### Information shown
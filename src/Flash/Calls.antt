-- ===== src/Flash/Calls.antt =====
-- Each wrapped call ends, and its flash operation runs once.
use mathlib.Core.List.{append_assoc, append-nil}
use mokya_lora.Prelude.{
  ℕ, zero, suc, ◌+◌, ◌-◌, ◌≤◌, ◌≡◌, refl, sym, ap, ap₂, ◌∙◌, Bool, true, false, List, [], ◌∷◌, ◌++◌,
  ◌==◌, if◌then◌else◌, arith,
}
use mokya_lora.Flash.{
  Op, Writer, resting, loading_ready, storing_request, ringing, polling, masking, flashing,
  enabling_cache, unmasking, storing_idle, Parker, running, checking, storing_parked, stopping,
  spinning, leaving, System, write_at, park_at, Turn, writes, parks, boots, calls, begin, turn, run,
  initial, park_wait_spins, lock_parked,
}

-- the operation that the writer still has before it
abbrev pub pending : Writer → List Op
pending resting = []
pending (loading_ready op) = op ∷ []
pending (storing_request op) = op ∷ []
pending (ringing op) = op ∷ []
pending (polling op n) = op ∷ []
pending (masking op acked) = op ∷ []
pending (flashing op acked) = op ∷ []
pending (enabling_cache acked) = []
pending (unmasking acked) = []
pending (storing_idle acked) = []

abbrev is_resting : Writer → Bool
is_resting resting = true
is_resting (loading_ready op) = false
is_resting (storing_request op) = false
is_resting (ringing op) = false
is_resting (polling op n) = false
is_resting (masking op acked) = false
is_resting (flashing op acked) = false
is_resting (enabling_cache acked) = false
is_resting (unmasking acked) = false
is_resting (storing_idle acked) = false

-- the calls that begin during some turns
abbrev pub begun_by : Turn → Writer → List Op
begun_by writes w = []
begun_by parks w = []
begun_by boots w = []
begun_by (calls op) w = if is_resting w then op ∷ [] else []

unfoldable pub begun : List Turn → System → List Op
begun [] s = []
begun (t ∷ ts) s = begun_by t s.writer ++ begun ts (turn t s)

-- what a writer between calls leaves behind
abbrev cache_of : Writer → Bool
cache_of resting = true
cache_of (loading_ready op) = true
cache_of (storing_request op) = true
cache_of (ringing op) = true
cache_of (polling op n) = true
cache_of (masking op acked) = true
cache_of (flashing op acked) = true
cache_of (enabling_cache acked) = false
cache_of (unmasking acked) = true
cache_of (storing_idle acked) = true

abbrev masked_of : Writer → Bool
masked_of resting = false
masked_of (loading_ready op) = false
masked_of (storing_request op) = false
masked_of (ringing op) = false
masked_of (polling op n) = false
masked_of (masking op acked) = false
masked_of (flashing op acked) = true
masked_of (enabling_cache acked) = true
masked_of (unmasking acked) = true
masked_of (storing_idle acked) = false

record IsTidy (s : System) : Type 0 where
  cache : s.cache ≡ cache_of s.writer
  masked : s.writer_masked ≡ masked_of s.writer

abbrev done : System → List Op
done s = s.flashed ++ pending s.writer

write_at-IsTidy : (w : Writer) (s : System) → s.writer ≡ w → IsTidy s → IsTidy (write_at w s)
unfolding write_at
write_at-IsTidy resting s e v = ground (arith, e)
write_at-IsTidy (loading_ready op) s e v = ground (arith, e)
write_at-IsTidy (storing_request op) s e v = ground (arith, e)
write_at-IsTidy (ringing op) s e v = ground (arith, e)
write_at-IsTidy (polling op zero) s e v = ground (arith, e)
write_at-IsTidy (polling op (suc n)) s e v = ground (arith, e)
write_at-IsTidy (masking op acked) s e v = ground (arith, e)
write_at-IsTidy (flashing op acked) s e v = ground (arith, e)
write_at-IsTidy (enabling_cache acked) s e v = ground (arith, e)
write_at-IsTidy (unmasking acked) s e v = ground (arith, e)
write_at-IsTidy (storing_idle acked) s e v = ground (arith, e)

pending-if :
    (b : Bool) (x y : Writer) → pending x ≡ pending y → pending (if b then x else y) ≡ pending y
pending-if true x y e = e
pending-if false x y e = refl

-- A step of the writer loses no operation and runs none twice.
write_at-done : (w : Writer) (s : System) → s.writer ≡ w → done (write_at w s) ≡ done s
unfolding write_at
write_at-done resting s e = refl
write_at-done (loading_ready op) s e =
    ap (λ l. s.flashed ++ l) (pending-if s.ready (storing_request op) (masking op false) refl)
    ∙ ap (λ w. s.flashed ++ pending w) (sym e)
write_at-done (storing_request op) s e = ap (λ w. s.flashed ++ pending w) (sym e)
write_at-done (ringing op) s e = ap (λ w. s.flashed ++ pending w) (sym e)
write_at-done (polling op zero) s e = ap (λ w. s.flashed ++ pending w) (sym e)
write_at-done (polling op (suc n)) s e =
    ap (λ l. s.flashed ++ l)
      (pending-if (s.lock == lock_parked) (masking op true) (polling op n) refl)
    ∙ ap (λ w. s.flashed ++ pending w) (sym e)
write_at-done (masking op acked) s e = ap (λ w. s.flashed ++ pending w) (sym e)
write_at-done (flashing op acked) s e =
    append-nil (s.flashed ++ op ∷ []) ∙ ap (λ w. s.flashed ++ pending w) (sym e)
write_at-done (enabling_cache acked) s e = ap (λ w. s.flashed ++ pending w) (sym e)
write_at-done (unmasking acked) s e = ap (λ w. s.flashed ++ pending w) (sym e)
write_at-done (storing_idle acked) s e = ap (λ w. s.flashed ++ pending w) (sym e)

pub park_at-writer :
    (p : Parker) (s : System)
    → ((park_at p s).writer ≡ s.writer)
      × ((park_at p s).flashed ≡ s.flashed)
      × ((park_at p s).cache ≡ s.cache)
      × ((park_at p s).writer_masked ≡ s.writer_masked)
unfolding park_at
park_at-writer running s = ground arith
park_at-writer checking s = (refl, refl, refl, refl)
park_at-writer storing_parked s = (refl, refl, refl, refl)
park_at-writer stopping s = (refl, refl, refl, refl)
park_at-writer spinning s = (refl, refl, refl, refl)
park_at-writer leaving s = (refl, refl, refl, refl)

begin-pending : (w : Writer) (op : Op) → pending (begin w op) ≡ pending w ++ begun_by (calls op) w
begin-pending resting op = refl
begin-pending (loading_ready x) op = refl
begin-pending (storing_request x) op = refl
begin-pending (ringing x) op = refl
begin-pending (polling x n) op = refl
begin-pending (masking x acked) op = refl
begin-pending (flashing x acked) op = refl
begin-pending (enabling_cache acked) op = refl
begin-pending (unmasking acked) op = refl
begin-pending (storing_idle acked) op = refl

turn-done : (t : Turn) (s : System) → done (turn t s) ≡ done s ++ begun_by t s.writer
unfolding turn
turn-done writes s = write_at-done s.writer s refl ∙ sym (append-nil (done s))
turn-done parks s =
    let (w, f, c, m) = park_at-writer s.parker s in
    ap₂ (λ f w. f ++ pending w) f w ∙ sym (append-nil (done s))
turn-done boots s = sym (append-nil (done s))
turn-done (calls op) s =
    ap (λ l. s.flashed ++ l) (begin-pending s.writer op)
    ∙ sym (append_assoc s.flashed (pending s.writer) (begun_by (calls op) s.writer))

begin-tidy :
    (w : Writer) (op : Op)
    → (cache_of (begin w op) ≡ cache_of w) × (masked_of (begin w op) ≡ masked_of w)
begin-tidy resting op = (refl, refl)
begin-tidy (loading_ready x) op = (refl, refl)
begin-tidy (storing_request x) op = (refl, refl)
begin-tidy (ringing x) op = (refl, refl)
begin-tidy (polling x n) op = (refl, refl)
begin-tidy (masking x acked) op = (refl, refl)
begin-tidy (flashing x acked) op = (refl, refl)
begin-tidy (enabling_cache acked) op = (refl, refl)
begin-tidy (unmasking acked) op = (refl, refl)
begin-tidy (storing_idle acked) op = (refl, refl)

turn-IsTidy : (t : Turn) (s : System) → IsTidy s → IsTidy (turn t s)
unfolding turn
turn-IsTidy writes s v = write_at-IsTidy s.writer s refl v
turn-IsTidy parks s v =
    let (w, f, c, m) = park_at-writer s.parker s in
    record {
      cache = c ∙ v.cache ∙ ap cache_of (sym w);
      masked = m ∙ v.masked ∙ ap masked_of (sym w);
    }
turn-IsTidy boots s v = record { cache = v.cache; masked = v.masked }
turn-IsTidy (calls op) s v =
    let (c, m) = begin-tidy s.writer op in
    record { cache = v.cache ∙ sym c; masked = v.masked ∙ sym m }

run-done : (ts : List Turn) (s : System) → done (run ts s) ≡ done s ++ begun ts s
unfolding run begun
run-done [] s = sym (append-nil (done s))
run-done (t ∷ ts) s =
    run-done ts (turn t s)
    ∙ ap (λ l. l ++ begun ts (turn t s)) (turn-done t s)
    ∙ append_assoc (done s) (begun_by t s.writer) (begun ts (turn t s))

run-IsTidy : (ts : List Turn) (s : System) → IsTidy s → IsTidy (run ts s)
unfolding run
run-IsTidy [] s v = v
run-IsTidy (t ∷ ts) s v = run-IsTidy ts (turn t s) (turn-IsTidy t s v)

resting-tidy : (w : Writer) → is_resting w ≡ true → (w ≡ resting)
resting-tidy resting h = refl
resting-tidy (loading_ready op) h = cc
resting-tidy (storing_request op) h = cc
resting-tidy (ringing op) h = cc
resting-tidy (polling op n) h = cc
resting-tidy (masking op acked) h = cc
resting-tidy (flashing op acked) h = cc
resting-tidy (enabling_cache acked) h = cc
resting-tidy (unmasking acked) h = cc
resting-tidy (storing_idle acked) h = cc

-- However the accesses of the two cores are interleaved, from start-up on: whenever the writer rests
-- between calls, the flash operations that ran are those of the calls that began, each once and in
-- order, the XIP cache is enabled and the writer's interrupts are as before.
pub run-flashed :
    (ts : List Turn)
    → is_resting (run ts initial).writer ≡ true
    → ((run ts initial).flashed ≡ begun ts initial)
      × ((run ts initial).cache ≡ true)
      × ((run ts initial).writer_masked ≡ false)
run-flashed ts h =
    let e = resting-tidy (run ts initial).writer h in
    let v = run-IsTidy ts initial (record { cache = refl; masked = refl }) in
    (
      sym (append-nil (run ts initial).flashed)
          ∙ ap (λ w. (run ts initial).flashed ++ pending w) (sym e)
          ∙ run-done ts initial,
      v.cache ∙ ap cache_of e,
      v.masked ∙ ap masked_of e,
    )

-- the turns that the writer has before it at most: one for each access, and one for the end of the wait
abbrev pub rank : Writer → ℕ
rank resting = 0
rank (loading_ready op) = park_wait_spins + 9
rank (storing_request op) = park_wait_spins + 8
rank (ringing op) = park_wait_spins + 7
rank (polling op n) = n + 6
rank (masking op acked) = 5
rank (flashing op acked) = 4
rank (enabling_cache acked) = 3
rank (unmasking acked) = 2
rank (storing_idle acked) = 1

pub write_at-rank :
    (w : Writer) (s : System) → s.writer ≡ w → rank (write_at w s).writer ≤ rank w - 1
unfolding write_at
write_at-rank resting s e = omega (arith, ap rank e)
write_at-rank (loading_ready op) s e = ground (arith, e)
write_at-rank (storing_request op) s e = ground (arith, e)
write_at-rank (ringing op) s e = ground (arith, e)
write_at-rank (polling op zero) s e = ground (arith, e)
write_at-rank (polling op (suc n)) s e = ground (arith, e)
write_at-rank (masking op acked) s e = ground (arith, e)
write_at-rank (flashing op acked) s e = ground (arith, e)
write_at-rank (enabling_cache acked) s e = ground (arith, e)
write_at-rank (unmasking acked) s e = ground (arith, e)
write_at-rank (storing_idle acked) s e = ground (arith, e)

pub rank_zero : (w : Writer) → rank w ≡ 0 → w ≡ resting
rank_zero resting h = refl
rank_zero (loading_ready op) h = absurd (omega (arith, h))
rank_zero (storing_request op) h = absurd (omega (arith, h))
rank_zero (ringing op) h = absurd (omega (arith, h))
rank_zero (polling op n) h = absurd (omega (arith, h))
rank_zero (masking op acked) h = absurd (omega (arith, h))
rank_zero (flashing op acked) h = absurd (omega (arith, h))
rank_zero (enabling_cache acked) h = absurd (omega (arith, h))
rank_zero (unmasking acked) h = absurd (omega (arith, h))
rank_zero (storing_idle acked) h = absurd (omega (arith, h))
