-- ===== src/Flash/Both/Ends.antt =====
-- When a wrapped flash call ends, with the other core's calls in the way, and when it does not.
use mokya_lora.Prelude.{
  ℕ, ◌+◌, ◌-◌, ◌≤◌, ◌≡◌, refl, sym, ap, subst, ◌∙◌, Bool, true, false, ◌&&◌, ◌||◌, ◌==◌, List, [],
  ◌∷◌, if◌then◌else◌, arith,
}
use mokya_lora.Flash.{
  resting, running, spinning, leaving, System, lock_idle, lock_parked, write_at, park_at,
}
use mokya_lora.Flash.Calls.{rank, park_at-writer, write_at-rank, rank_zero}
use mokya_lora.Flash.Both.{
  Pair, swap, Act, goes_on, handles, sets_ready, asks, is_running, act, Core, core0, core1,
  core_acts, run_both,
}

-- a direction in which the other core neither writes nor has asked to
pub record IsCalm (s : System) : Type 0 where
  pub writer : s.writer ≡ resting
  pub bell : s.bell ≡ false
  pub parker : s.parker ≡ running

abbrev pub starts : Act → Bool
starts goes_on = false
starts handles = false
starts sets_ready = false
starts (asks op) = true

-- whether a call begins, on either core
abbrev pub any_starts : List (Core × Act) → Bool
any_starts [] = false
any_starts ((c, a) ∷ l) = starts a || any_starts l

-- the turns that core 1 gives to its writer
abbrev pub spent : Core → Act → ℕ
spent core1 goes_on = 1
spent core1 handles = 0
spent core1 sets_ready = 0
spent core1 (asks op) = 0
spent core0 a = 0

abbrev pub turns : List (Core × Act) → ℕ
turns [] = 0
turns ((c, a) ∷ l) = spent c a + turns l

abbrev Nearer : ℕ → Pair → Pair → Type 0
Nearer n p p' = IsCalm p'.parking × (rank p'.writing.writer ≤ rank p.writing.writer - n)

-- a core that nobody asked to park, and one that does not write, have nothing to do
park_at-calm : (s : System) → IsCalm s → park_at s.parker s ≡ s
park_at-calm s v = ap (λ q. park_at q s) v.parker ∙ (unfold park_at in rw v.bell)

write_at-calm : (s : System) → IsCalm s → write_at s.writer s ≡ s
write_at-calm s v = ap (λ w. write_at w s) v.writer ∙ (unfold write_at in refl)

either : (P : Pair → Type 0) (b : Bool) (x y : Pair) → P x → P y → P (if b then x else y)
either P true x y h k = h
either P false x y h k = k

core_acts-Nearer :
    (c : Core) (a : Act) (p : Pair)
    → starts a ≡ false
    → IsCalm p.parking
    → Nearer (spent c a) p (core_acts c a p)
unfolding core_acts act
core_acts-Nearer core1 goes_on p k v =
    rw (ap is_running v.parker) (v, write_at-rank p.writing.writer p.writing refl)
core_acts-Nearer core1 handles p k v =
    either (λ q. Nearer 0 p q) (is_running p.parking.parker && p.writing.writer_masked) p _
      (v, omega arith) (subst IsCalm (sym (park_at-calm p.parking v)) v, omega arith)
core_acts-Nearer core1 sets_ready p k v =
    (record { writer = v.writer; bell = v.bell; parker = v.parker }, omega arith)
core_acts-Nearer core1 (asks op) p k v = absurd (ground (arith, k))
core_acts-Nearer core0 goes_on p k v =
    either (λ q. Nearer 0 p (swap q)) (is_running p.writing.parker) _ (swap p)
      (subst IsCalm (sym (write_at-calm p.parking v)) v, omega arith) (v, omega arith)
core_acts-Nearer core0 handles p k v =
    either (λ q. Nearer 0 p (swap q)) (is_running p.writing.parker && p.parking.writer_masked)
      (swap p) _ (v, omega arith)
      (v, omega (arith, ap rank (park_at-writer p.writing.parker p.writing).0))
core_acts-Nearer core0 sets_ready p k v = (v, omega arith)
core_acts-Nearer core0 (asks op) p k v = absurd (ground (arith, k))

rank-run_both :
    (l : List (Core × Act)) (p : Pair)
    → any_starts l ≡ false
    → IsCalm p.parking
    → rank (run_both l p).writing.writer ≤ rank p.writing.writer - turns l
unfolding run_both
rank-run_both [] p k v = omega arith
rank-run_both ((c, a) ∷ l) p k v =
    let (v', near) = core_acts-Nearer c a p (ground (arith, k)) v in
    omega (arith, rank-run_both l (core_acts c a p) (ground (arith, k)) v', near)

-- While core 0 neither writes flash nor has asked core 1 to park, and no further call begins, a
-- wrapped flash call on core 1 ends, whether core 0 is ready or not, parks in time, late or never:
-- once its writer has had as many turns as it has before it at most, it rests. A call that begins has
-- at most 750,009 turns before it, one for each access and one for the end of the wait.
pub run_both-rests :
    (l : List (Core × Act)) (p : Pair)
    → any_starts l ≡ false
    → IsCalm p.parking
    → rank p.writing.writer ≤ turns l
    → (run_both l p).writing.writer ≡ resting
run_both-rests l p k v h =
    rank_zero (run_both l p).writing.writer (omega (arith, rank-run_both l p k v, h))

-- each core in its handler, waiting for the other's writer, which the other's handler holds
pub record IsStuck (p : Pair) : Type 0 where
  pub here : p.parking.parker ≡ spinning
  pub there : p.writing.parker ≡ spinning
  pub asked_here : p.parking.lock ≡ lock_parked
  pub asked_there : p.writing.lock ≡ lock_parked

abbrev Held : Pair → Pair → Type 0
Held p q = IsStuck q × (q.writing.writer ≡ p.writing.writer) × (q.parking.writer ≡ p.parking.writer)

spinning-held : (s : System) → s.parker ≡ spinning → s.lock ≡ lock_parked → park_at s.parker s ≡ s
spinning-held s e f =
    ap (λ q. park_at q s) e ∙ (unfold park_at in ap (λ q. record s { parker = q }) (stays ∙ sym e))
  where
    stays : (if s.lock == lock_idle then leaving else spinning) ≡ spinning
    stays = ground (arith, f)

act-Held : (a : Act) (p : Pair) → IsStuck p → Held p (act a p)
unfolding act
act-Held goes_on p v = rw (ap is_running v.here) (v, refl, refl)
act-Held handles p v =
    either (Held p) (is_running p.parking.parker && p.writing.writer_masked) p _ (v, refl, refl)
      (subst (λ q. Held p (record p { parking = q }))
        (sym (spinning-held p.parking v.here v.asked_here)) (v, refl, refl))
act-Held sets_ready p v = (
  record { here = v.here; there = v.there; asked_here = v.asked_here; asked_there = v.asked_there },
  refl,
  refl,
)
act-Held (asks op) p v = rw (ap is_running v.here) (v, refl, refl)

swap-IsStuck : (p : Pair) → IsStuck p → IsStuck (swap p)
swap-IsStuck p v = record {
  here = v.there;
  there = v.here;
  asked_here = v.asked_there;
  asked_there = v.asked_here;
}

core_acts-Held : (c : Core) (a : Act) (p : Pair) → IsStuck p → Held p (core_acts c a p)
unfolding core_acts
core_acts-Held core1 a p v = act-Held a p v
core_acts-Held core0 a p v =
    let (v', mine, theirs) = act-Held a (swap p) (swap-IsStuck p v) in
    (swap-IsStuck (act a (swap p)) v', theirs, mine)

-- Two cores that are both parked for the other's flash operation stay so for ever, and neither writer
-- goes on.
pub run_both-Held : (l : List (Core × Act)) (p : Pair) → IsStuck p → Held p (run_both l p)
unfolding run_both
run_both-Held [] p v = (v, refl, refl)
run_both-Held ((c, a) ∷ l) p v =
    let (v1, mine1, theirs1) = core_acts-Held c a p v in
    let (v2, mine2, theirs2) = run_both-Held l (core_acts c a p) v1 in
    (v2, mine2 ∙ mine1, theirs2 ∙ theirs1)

### What is required
Would you please copy every line from the listing above that contains the word "which"?

### Finished task
-- a direction in which the other core neither writes nor has asked to
-- each core in its handler, waiting for the other's writer, which the other's handler holds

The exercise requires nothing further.